Jenkins’s team wanted to test the diet in the real world. So they signed up 46 people who said they wanted lower cholesterol, told them what to eat, and gave them sample menus. But they didn't provide any prepared foods.

"Just about a third of them get very good results, with better than a 20% reduction in the 'bad' LDL cholesterol after six months," Jenkins says. "Those results are constant from two weeks to six months. So after two weeks, you can say, 'These are the people who are likely to stay the course.'"

For another 31% of people studied,  LDL cholesterol dropped by 15%. But LDL cholesterol levels didn’t budge for the rest of the people in the study. That may be because they weren't able to follow all the rules of the portfolio diet.

"Most people complied with the advice to eat almonds and to substitute plant sterol products for margarine," Jenkins says. "But fewer people were able to use soy milk and soy dogs and tofu instead of meat and dairy. Having said that, people who were fairly robust at being able to whip up something at home tended to do best. Those who relied on packaged goods or had to eat out a lot had much more of a problem."

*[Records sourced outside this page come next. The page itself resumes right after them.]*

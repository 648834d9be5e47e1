-- ===== src/Machine/State.antt =====
-- The state that the functions of src/ share: the disk, the buffer cache as its callers see it,
-- `fslog` (src/log.c), `bmap_cache` (include/block_allocator.h), the inode table (src/inode.c) and the file table (src/file.c).
use myfuse.Common.{ℕ, Bool, List, Option}
use myfuse.Machine.Block.{Block}

-- `struct superblock`
pub record SuperBlock : Type 0 where
  pub magic : ℕ
  pub size : ℕ
  pub nblocks : ℕ
  pub ninodes : ℕ
  pub nlog : ℕ
  pub logstart : ℕ
  pub inodestart : ℕ
  pub bmapstart : ℕ

-- `struct bcache_buf`, less its place in the cache's lists.
pub record Buf : Type 0 where
  pub contents : Block
  pub valid : Bool
  pub locked : Bool
  pub refcnt : ℕ

-- `struct fslog`, with its header `lh` in line; an `int` is a bit pattern.
pub record FsLog : Type 0 where
  pub start : ℕ
  pub size : ℕ
  pub outstanding : ℕ
  pub committing : Bool
  pub n : ℕ
  pub block : ℕ → ℕ

-- `struct bmap_cache`; `int first_unalloced[]` is kept as bit patterns.
pub record BmapCache : Type 0 where
  pub cache_buf : ℕ → ℕ
  pub first_unalloced : ℕ → ℕ
  pub n_alloced : ℕ → ℕ
  pub n_cache : ℕ
  pub first_free_cache : ℕ

pub record TimeSpec : Type 0 where
  pub sec : ℕ
  pub nsec : ℕ

-- `struct inode`; its `type` is `kind`.
pub record Inode : Type 0 where
  pub inum : ℕ
  pub ref : ℕ
  pub locked : Bool
  pub valid : Bool
  pub kind : ℕ
  pub major : ℕ
  pub minor : ℕ
  pub nlink : ℕ
  pub size : ℕ
  pub atime : TimeSpec
  pub mtime : TimeSpec
  pub ctime : TimeSpec
  pub perm : ℕ
  pub addrs : ℕ → ℕ

-- `struct file`; its `type` is `kind`, and the null pointer is `none`.
pub record File : Type 0 where
  pub kind : ℕ
  pub ref : ℕ
  pub readable : Bool
  pub writable : Bool
  pub ip : Option ℕ
  pub off : ℕ

pub record Machine : Type 0 where
  pub sb : SuperBlock
  pub disk : ℕ → Block
  -- every block written so far, oldest first: what a crash can cut short
  pub trace : List (ℕ × Block)
  pub bufs : ℕ → Buf
  pub log : FsLog
  pub n_log_wrote : ℕ
  pub bmap : BmapCache
  -- the inode table: its slots, and how many there are
  pub inodes : ℕ → Inode
  pub ninode : ℕ
  -- `ftable` (src/file.c)
  pub files : ℕ → File
  pub nfile : ℕ
  -- what `timespec_get` will say
  pub now : TimeSpec
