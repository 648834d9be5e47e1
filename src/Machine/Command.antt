-- ===== src/Machine/Command.antt =====
-- Commands: state passing with the ways in which a call does not return.
use mathlib.Core.Path.{◌≡◌, refl}
use myfuse.Machine.State.{Machine}

-- `exit`: the process ended by `err_exit`. `wait`: it waits for a lock or for space that no one
-- gives back. `fault`: an access out of an array's bounds.
pub data Run (A : Type 0) : Type 0 where
  ok : A → Machine → Run A
  exit : Machine → Run A
  wait : Machine → Run A
  fault : Run A

abbrev pub Cmd : Type 0 → Type 0
Cmd A = Machine → Run A

abbrev pub pure : {A : Type 0} → A → Cmd A
pure = ok

module _ {A B : Type 0} where
  abbrev pub and_then : Run A → (A → Cmd B) → Run B
  and_then (ok a m) k = k a m
  and_then (exit m) k = exit m
  and_then (wait m) k = wait m
  and_then fault k = fault

  infixl 5 ◌>>=◌ ◌>>◌
  abbrev pub ◌>>=◌ : Cmd A → (A → Cmd B) → Cmd B
  c >>= k = λ m. and_then (c m) k

  abbrev pub ◌>>◌ : Cmd A → Cmd B → Cmd B
  c >> d = c >>= λ _. d

abbrev pub state : Cmd Machine
state m = ok m m

abbrev pub modify : (Machine → Machine) → Cmd (Unit {0})
modify f m = ok tt (f m)

abbrev pub err_exit : {A : Type 0} → Cmd A
err_exit m = exit m

-- The call returns, and what it returns satisfies `P`.
pub data Returns {A : Type 0} (P : A → Machine → Type 0) : Run A → Type 0 where
  returns : {a : A} {m : Machine} → P a m → Returns P (ok a m)

module _ {A : Type 0} {P : A → Machine → Type 0} where
  pub Returns-then :
      {B : Type 0} {Q : B → Machine → Type 0} {r : Run A} {k : A → Cmd B}
      → Returns P r
      → ((a : A) (m : Machine) → P a m → Returns Q (k a m))
      → Returns Q (and_then r k)
  Returns-then (returns p) next = next _ _ p

  pub Returns-weaken :
      {Q : A → Machine → Type 0} {r : Run A}
      → Returns P r
      → ((a : A) (m : Machine) → P a m → Q a m)
      → Returns Q r
  Returns-weaken (returns p) weaken = returns (weaken _ _ p)

  pub of_returns : {a : A} {m : Machine} → Returns P (ok a m) → P a m
  of_returns (returns p) = p

  pub Returns-run : {r : Run A} → Returns P r → Returns (λ a m. P a m × (r ≡ ok a m)) r
  Returns-run (returns p) = returns (p, refl)
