-- ===== src/Machine.antt =====
-- The state of the file system process, and commands that change it. A buffer is named by its
-- block number: the cache holds at most one buffer for a block.
mod State
mod Command
pub mod Block
pub mod Buffer
pub mod Effect
pub mod Keeps
pub use State.*
pub use Command.*
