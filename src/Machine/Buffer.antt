-- ===== src/Machine/Buffer.antt =====
-- The buffer cache as the other layers see it: src/buf_cache.c less the choice of the buffer that
-- is recycled. A block is read from the disk once, and then its buffer is its contents.
use myfuse.Common.{ℕ, true, false, [], ◌∷◌, ◌++◌, if◌then◌else◌, add32, sub32, update}
use myfuse.Machine.Block.{Block}
use myfuse.Machine.State.{Machine, Buf}
use myfuse.Machine.Command.{Cmd, ok, wait}

-- What `bread` of block `b` would show.
abbrev pub view : Machine → ℕ → Block
view m b = if (m.bufs b).valid then (m.bufs b).contents else m.disk b

abbrev pub set_buf : Machine → ℕ → Buf → Machine
set_buf m b buf = record m { bufs = update m.bufs b buf }

-- `bread`, which locks the buffer: a second call before `brelse` waits for ever.
unfoldable pub bread : ℕ → Cmd (Unit {0})
bread b m =
    if (m.bufs b).locked
    then wait m
    else ok tt (
        set_buf m b (record {
          contents = view m b;
          valid = true;
          locked = true;
          refcnt = add32 (m.bufs b).refcnt 1;
        }))

-- `b->data`
unfoldable pub buf_data : ℕ → Cmd Block
buf_data b m = ok (m.bufs b).contents m

-- `b->data = d`
unfoldable pub set_data : ℕ → Block → Cmd (Unit {0})
set_data b d m = ok tt (set_buf m b (record (m.bufs b) { contents = d }))

-- `bwrite`: the whole block is written, at once.
unfoldable pub bwrite : ℕ → Cmd (Unit {0})
bwrite b m = ok tt (record m {
  disk = update m.disk b (m.bufs b).contents;
  trace = m.trace ++ ((b, (m.bufs b).contents) ∷ []);
})

unfoldable pub brelse : ℕ → Cmd (Unit {0})
brelse b m =
    ok tt (set_buf m b (record (m.bufs b) { locked = false; refcnt = sub32 (m.bufs b).refcnt 1 }))

unfoldable pub bpin : ℕ → Cmd (Unit {0})
bpin b m = ok tt (set_buf m b (record (m.bufs b) { refcnt = add32 (m.bufs b).refcnt 1 }))

unfoldable pub bunpin : ℕ → Cmd (Unit {0})
bunpin b m = ok tt (set_buf m b (record (m.bufs b) { refcnt = sub32 (m.bufs b).refcnt 1 }))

After that study, published in The Journal of the American Medical Association back in 2003, Jenkins’s team did five observational studies. While that work didn’t directly test the portfolio diet, the observational studies were larger, longer, and more diverse – and also showed benefits.

Looking across all six studies, Jenkins says that the portfolio diet lowers LDL-C by 17%, apolipoprotein B (15%), total cholesterol (12%) and triglycerides (16%). The observational studies showed that people who more closely followed the portfolio diet had a lower risk of heart disease, type 2 diabetes, and even early death. An important finding from these observational studies is that even eating some portfolio diet foods may protect you against several chronic diseases like heart disease, Jenkins notes. 

 

“So even if you start adding just a few portfolio diet foods into your routine, you’ll still have a good return on your investment over the long term,” he says. 

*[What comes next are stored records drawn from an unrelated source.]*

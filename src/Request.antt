-- ===== src/Request.antt =====
-- knet/request.go: a request and its chain of handlers.
-- A handler (kiface.RouterHandler) is code of the application. It is modelled by the calls that it
-- makes on the request, as a tree: what it does next may depend on what a call returned. `act n`
-- stands for any effect of its own, visible by its number in the trace; a key and a value of the
-- request's context are numbers too. The tree is finite and has no branch for
-- `BindRouterSlices`, for a recover of its own, or for a message that is nil: a handler that rebinds
-- its own chain, and then may run for ever, that loops, or that stops the panic of one behind it, is
-- not modelled. `RouterSlicesNext` calls a handler from inside a handler, so `run`
-- takes as fuel how deep the calls may go; Fuel shows that the length of the chain is enough.
-- The children: Fuel has the termination of a chain, Onion the order in which a chain runs.
pub mod Fuel
pub mod Onion
mod Tests
use kinz.Base.{
  ℕ, zero, suc, ◌+◌, Bool, true, false, List, [], ◌∷◌, ◌++◌, Option, none, some, get_elem?,
  if◌then◌else◌,
}
use kinz.Base.Maps.{lookup, insert}
use kinz.Codec.{Message}

pub data Handler : Type 0 where
  done panic : Handler
  next abort : Handler → Handler
  act : ℕ → Handler → Handler
  set : ℕ → ℕ → Handler → Handler
  get : ℕ → (Option ℕ → Handler) → Handler
  set_message : Message → Handler → Handler
  get_message : (Message → Handler) → Handler

pub record Request : Type 0 where
  pub conn_id : ℕ
  pub msg : Message
  pub handlers : List Handler
  pub index : ℕ
  pub aborted : Bool
  pub ctx : List (ℕ × ℕ)

unfoldable pub new_request : ℕ → Message → Request
new_request conn_id msg = record {
  conn_id = conn_id;
  msg = msg;
  handlers = [];
  index = 0;
  aborted = false;
  ctx = [];
}

unfoldable pub bind_router_slices : Request → List Handler → Request
bind_router_slices r handlers = record r { handlers = handlers; index = 0; aborted = false }

-- `Copy` keeps the place in the chain, and starts with no context and not aborted.
unfoldable pub copy : Request → Request
copy r = record r { aborted = false; ctx = [] }

-- A request while a chain runs, with the effects so far.
pub record Run : Type 0 where
  pub request : Request
  pub trace : List ℕ

pub data Ended : Type 0 where
  returned panicked starved : Ended

-- The handler that `RouterSlicesNext` calls, if it calls one.
unfoldable pub current : Request → Option Handler
current r = if r.aborted then none else get_elem? r.handlers r.index

abbrev pub advance : Run → Run
advance s = record s { request = record s.request { index = s.request.index + 1 } }

abbrev pub emit : ℕ → Run → Run
emit n s = record s { trace = s.trace ++ (n ∷ []) }

abbrev pub set_aborted : Run → Run
set_aborted s = record s { request = record s.request { aborted = true } }

abbrev pub set_ctx : ℕ → ℕ → Run → Run
set_ctx k v s = record s { request = record s.request { ctx = insert k v s.request.ctx } }

abbrev pub set_msg : Message → Run → Run
set_msg m s = record s { request = record s.request { msg = m } }

-- What comes behind a call happens only if the call returned.
abbrev pub and_then : Ended × Run → (Run → Ended × Run) → Ended × Run
and_then (returned, s) k = k s
and_then (panicked, s) k = (panicked, s)
and_then (starved, s) k = (starved, s)

-- A handler runs to its end, calling the handlers behind it where it asks for them. A panic leaves
-- every handler that is under way.
unfoldable pub run : ℕ → Handler → Run → Ended × Run
run fuel done s = (returned, s)
run fuel panic s = (panicked, s)
run fuel (abort h) s = run fuel h (set_aborted s)
run fuel (act n h) s = run fuel h (emit n s)
run fuel (set k v h) s = run fuel h (set_ctx k v s)
run fuel (get k h) s = run fuel (h (lookup k s.request.ctx)) s
run fuel (set_message m h) s = run fuel h (set_msg m s)
run fuel (get_message h) s = run fuel (h s.request.msg) s
run zero (next h) s = elim (current s.request) [ none ↦ run zero h s | some g ↦ (starved, s) ]
run (suc fuel) (next h) s = elim (current s.request) [
  | none ↦ run (suc fuel) h s
  | some g ↦ and_then (run fuel g (advance s)) (λ s'. run (suc fuel) h s')
]

-- `request.RouterSlicesNext()`, called from outside the chain.
unfoldable pub router_slices_next : ℕ → Run → Ended × Run
unfolding run
router_slices_next fuel s = run fuel (next done) s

There’s a windfall, too. “When you follow the portfolio diet, remember that it also reduces the animal-to-plant-protein ratio, and therefore aims to also be humane and environmentally friendly,” Jenkins says. You can track your progress on the diet, too.

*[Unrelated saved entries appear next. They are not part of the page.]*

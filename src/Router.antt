-- ===== src/Router.antt =====
-- knet/msgHandler.go (registration and `Execute`) and knet/routerSlices.go.
-- `Routes` holds the fields of MsgHandler that routing uses: the handlers of each message id, the
-- ranges with their middleware, and the global middleware. Its lock makes each method one step. A
-- method that may fail returns its error beside the routes that it leaves. The handles
-- routerSlices and groupRouterSlices are the routes with, for a group, its range. The worker pool
-- of MsgHandler is modelled in Pool.
-- The children: Registry has what a registration changes, Registrations what is specified for a
-- sequence of them, Ranges the middleware of ranges after it, History the chains, Execution how a
-- request is dispatched.
pub mod Registry
pub mod Registrations
pub mod Ranges
pub mod History
pub mod Execution
mod Tests
use kinz.Base.{
  ℕ, zero, suc, ◌+◌, Bool, true, false, ◌&&◌, List, [], ◌∷◌, ◌++◌, Option, none, some, length, ltb,
  leb, ◌==◌, if◌then◌else◌,
}
use kinz.Base.Maps.{lookup, insert}
use kinz.Codec.{Message}
use kinz.Request.{
  Handler, Request, Run, Ended, returned, panicked, starved, bind_router_slices, router_slices_next,
}

-- A range of message ids with its middleware.
pub record GroupRange (H : Type 0) : Type 0 where
  pub start : ℕ
  pub end : ℕ
  pub handlers : List H

pub record Routes (H : Type 0) : Type 0 where
  pub apis : List (ℕ × List H)
  pub group_ranges : List (GroupRange H)
  pub global_handlers : List H

pub data RouteError : Type 0 where
  msg_id_registered : ℕ → RouteError
  invalid_range : ℕ → ℕ → RouteError
  outside_range : ℕ → ℕ → ℕ → RouteError

module _ {H : Type 0} where
  -- The routes of `NewMsgHandler`.
  unfoldable pub new_routes : Routes H
  new_routes = record { apis = []; group_ranges = []; global_handlers = [] }

  -- A map entry is there also when it holds no handler.
  unfoldable pub add_slices : Routes H → ℕ → List H → Routes H × Option RouteError
  add_slices mh msg_id handlers = elim (lookup msg_id mh.apis) [
    | some _ ↦ (mh, some (msg_id_registered msg_id))
    | none ↦ (record mh { apis = insert msg_id handlers mh.apis }, none)
  ]

  unfoldable pub add_router_slices : Routes H → ℕ → List H → Routes H × Option RouteError
  unfolding add_slices
  add_router_slices mh msg_id handlers = add_slices mh msg_id handlers

  unfoldable pub group : Routes H → ℕ → ℕ → List H → Routes H × Option RouteError
  group mh start end handlers = if ltb end start then (mh, some (invalid_range start end)) else (
    record mh {
      group_ranges =
          mh.group_ranges ++ (record { start = start; end = end; handlers = handlers } ∷ []);
    },
    none,
  )

  -- `Use` of MsgHandler, and of routerSlices.
  unfoldable pub use_global : Routes H → List H → Routes H
  use_global mh handlers =
      if length handlers == 0
      then mh
      else record mh { global_handlers = mh.global_handlers ++ handlers }

  unfoldable pub router_use : Routes H → List H → Routes H
  router_use mh handlers = record mh { global_handlers = mh.global_handlers ++ handlers }

  unfoldable pub get_handlers : Routes H → ℕ → Option (List H)
  get_handlers mh msg_id = lookup msg_id mh.apis

  -- The loop of `groupRouterSlices.Use`: the first range with these ends takes the middleware.
  unfoldable pub extend_first : ℕ → ℕ → List H → List (GroupRange H) → List (GroupRange H)
  extend_first start end handlers [] = []
  extend_first start end handlers (g ∷ gs) =
      let rest = extend_first start end handlers gs in
      if g.start == start && g.end == end
      then record g { handlers = g.handlers ++ handlers } ∷ gs
      else g ∷ rest

  unfoldable pub group_use : Routes H → ℕ → ℕ → List H → Routes H
  unfolding extend_first
  group_use mh start end handlers = record mh {
    group_ranges = extend_first start end handlers mh.group_ranges;
  }

  unfoldable pub group_add_handler : Routes H → ℕ → ℕ → ℕ → List H → Routes H × Option RouteError
  unfolding add_slices
  group_add_handler mh start end msg_id handlers =
      let added = add_slices mh msg_id handlers in
      if ltb msg_id start
      then (mh, some (outside_range msg_id start end))
      else if ltb end msg_id
      then (mh, some (outside_range msg_id start end))
      else added

  -- The loop of `Execute` over the ranges.
  unfoldable pub group_handlers : ℕ → List (GroupRange H) → List H
  group_handlers msg_id [] = []
  group_handlers msg_id (g ∷ gs) =
      let rest = group_handlers msg_id gs in
      if leb g.start msg_id && leb msg_id g.end then g.handlers ++ rest else rest

  -- `all` in `Execute`, of a route, the global middleware and that of the ranges; `none` if nothing
  -- is registered for the id.
  unfoldable pub assemble : Option (List H) → List H → List H → Option (List H)
  assemble (some handlers) global groups = some ((global ++ groups) ++ handlers)
  assemble none global groups =
      if length global == 0 && length groups == 0 then none else some ((global ++ groups) ++ [])

  -- The chain that `Execute` binds.
  unfoldable pub chain : Routes H → ℕ → Option (List H)
  unfolding group_handlers assemble
  chain mh msg_id =
      assemble (lookup msg_id mh.apis) mh.global_handlers (group_handlers msg_id mh.group_ranges)

-- handlerMetrics: `durations` counts the observations of the duration histogram.
pub record HandlerMetrics : Type 0 where
  pub panics : ℕ
  pub durations : ℕ
  pub queue_full : ℕ

-- What `Execute` leaves: the request, the effects of the handlers, the metrics.
pub record Executed : Type 0 where
  pub run : Run
  pub metrics : Option HandlerMetrics

abbrev pub count_panic : HandlerMetrics → HandlerMetrics
count_panic m = record m { panics = m.panics + 1 }

abbrev pub observe_duration : HandlerMetrics → HandlerMetrics
observe_duration m = record m { durations = m.durations + 1 }

-- The deferred function: a panic is recovered and counted, and the duration is always observed.
unfoldable pub recovered : Ended → Option HandlerMetrics → Option HandlerMetrics
recovered e none = none
recovered panicked (some m) = some (observe_duration (count_panic m))
recovered returned (some m) = some (observe_duration m)
recovered starved (some m) = some (observe_duration m)

-- The request's `trace` is empty when it is dispatched.
unfoldable pub execute : Routes Handler → Option HandlerMetrics → Request → Ended × Executed
unfolding chain recovered router_slices_next bind_router_slices
execute mh metrics request = elim (chain mh request.msg.id) [
  | none ↦ (
    returned,
    record { run = record { request = request; trace = [] }; metrics = recovered returned metrics },
  )
  | some all ↦
      let (ended, r) =
        router_slices_next (length all)
          (record { request = bind_router_slices request all; trace = [] }) in
      (ended, record { run = r; metrics = recovered ended metrics })
]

"If your goal is cholesterol reduction, this is a very adequate plan," says Richard Milani, MD, chief clinical innovation officer at Sacramento, California-based Sutter Health. "If your goal is weight reduction, this may not be it. If your goal is reducing your risk of heart attack, the Mediterranean diet may be better – although plant sterols and nuts are part of the Mediterranean diet, too."

But Milani is quick to note that the foods in the portfolio diet can be added to almost any healthy diet.

"It can be done – inexpensively – to get people's cholesterol under control,” he says. 

Cholesterol-lowering drugs have more side effects at high doses, Jenkins notes. So he suggests that the foods in the portfolio diet may help people get the most out of these drugs – without increasing the dosage.